* _Requirement_:
When you reach the line containing "action = get_or f 6 0;" in the records below, start copying exactly, and stop once you have copied the line containing "action = rule.action % 256;".
::::::::::
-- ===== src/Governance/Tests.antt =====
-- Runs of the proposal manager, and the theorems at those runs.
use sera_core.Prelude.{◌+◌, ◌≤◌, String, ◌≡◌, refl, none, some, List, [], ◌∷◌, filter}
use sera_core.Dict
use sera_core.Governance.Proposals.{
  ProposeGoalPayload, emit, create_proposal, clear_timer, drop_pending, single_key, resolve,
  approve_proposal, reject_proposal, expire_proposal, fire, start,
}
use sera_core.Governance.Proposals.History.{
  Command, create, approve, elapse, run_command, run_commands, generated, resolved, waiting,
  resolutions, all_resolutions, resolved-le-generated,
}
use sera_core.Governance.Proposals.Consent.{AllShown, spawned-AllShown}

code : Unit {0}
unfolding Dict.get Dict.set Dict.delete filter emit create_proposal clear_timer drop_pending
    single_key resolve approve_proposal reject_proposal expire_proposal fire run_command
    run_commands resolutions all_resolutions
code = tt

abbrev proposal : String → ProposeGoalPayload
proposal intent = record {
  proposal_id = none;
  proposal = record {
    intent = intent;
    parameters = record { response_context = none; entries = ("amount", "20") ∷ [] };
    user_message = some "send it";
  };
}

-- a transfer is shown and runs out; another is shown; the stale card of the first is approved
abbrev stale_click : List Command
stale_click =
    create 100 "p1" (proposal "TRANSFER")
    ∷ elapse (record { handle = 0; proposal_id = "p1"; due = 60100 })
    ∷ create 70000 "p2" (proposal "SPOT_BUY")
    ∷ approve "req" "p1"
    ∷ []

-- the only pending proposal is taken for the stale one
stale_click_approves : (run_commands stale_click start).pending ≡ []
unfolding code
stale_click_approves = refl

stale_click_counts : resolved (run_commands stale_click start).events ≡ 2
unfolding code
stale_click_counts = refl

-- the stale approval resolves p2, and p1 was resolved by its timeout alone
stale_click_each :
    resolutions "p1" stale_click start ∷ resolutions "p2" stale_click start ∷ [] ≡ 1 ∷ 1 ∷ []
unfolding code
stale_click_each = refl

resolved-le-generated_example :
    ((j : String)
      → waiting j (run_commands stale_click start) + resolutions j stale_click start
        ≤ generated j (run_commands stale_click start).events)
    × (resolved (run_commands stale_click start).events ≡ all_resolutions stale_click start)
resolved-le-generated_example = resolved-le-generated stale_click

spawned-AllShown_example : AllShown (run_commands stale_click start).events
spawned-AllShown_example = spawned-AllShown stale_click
::::::::::
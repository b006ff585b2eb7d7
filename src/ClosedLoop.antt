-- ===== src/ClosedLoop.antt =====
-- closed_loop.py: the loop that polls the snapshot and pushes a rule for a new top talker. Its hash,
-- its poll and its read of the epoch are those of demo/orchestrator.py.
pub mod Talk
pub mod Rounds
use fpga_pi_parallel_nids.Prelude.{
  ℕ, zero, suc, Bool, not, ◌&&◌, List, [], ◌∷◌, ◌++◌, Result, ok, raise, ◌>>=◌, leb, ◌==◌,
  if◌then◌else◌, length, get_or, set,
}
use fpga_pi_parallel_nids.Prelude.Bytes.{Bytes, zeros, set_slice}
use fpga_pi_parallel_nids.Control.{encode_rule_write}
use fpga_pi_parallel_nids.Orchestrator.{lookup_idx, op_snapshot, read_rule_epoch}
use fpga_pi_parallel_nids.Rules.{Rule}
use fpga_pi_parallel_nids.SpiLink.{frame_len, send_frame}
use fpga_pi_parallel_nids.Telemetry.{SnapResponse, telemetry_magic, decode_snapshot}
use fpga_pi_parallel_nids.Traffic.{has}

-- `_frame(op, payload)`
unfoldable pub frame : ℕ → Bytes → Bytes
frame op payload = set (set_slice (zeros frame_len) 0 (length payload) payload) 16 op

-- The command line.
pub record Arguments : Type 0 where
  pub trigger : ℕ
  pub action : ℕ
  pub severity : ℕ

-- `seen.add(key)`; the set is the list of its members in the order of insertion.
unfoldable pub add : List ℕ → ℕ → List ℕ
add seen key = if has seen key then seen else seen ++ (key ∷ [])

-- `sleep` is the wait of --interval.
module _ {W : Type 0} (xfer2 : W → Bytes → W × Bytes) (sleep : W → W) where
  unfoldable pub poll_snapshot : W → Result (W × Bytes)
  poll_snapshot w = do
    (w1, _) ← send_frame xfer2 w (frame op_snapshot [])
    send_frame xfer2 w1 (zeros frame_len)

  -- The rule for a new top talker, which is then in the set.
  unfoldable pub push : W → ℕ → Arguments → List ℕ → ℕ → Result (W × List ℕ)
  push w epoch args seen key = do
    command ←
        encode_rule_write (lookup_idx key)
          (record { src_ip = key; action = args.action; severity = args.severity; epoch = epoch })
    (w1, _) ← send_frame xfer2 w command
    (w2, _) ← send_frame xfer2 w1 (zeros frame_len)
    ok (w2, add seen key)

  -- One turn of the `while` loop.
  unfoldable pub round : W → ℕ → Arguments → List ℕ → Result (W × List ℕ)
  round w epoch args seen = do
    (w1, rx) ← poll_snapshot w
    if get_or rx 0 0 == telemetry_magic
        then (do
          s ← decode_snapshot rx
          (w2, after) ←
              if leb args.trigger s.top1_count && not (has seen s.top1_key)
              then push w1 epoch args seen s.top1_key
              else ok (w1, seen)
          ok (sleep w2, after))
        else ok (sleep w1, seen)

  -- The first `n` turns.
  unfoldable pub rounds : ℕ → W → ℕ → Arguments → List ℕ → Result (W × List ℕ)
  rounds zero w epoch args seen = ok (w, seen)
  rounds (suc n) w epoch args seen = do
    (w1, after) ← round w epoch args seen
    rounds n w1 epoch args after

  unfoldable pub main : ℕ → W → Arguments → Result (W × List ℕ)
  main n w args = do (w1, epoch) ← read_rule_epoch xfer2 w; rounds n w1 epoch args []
::::::::::
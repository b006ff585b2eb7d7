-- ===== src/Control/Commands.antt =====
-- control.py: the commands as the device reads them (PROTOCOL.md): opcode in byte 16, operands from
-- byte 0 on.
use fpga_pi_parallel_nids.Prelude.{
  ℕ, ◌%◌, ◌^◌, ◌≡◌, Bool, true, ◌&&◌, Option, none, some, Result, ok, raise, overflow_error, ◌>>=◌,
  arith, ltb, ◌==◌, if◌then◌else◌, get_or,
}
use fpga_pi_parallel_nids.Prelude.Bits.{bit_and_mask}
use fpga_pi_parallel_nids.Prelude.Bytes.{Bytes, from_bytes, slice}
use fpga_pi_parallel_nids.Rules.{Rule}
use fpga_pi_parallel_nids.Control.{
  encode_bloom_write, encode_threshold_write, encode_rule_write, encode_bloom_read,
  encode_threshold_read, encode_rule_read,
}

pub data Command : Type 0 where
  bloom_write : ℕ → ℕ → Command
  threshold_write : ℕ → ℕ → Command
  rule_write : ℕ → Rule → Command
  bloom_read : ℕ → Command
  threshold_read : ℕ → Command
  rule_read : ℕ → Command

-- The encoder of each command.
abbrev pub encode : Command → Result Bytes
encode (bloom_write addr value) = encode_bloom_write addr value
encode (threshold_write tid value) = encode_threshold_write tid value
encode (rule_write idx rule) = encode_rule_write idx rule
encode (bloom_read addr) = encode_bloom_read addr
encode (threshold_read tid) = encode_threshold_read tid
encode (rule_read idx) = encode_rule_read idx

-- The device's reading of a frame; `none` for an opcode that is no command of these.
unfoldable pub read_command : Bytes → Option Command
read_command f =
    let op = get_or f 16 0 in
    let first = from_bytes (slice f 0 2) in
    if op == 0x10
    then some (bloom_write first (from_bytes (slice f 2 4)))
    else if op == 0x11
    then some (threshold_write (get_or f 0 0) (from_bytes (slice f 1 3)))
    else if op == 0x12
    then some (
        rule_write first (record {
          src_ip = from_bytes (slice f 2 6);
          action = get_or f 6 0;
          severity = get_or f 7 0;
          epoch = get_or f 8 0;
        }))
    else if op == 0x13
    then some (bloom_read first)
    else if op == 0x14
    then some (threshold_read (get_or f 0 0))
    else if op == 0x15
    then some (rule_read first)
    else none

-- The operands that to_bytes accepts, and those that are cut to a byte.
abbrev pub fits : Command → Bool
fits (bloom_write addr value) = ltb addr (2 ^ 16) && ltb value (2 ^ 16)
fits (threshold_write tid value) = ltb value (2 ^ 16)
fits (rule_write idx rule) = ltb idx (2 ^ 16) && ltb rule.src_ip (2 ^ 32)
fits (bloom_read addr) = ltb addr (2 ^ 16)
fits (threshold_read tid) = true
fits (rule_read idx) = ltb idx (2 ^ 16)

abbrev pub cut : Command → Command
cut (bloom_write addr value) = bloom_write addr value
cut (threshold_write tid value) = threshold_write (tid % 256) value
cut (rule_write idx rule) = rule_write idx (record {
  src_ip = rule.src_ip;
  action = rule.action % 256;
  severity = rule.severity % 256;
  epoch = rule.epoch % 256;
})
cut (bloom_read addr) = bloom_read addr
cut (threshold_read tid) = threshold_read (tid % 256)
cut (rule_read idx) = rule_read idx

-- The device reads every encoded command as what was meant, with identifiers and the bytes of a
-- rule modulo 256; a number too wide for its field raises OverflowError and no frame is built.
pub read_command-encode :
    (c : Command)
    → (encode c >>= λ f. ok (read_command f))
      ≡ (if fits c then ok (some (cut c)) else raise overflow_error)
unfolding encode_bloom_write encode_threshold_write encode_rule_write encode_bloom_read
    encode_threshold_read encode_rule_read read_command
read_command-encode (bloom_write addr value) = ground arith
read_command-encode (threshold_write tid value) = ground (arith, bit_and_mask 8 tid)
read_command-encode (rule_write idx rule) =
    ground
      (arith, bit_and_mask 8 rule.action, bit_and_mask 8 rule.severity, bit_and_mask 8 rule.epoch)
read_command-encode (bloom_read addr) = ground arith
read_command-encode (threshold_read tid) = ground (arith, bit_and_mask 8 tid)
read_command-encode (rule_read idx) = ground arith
::::::::::
* _Task answer_:
          action = get_or f 6 0;
          severity = get_or f 7 0;
          epoch = get_or f 8 0;
        }))
    else if op == 0x13
    then some (bloom_read first)
    else if op == 0x14
    then some (threshold_read (get_or f 0 0))
    else if op == 0x15
    then some (rule_read first)
    else none

-- The operands that to_bytes accepts, and those that are cut to a byte.
abbrev pub fits : Command → Bool
fits (bloom_write addr value) = ltb addr (2 ^ 16) && ltb value (2 ^ 16)
fits (threshold_write tid value) = ltb value (2 ^ 16)
fits (rule_write idx rule) = ltb idx (2 ^ 16) && ltb rule.src_ip (2 ^ 32)
fits (bloom_read addr) = ltb addr (2 ^ 16)
fits (threshold_read tid) = true
fits (rule_read idx) = ltb idx (2 ^ 16)

abbrev pub cut : Command → Command
cut (bloom_write addr value) = bloom_write addr value
cut (threshold_write tid value) = threshold_write (tid % 256) value
cut (rule_write idx rule) = rule_write idx (record {
  src_ip = rule.src_ip;
  action = rule.action % 256;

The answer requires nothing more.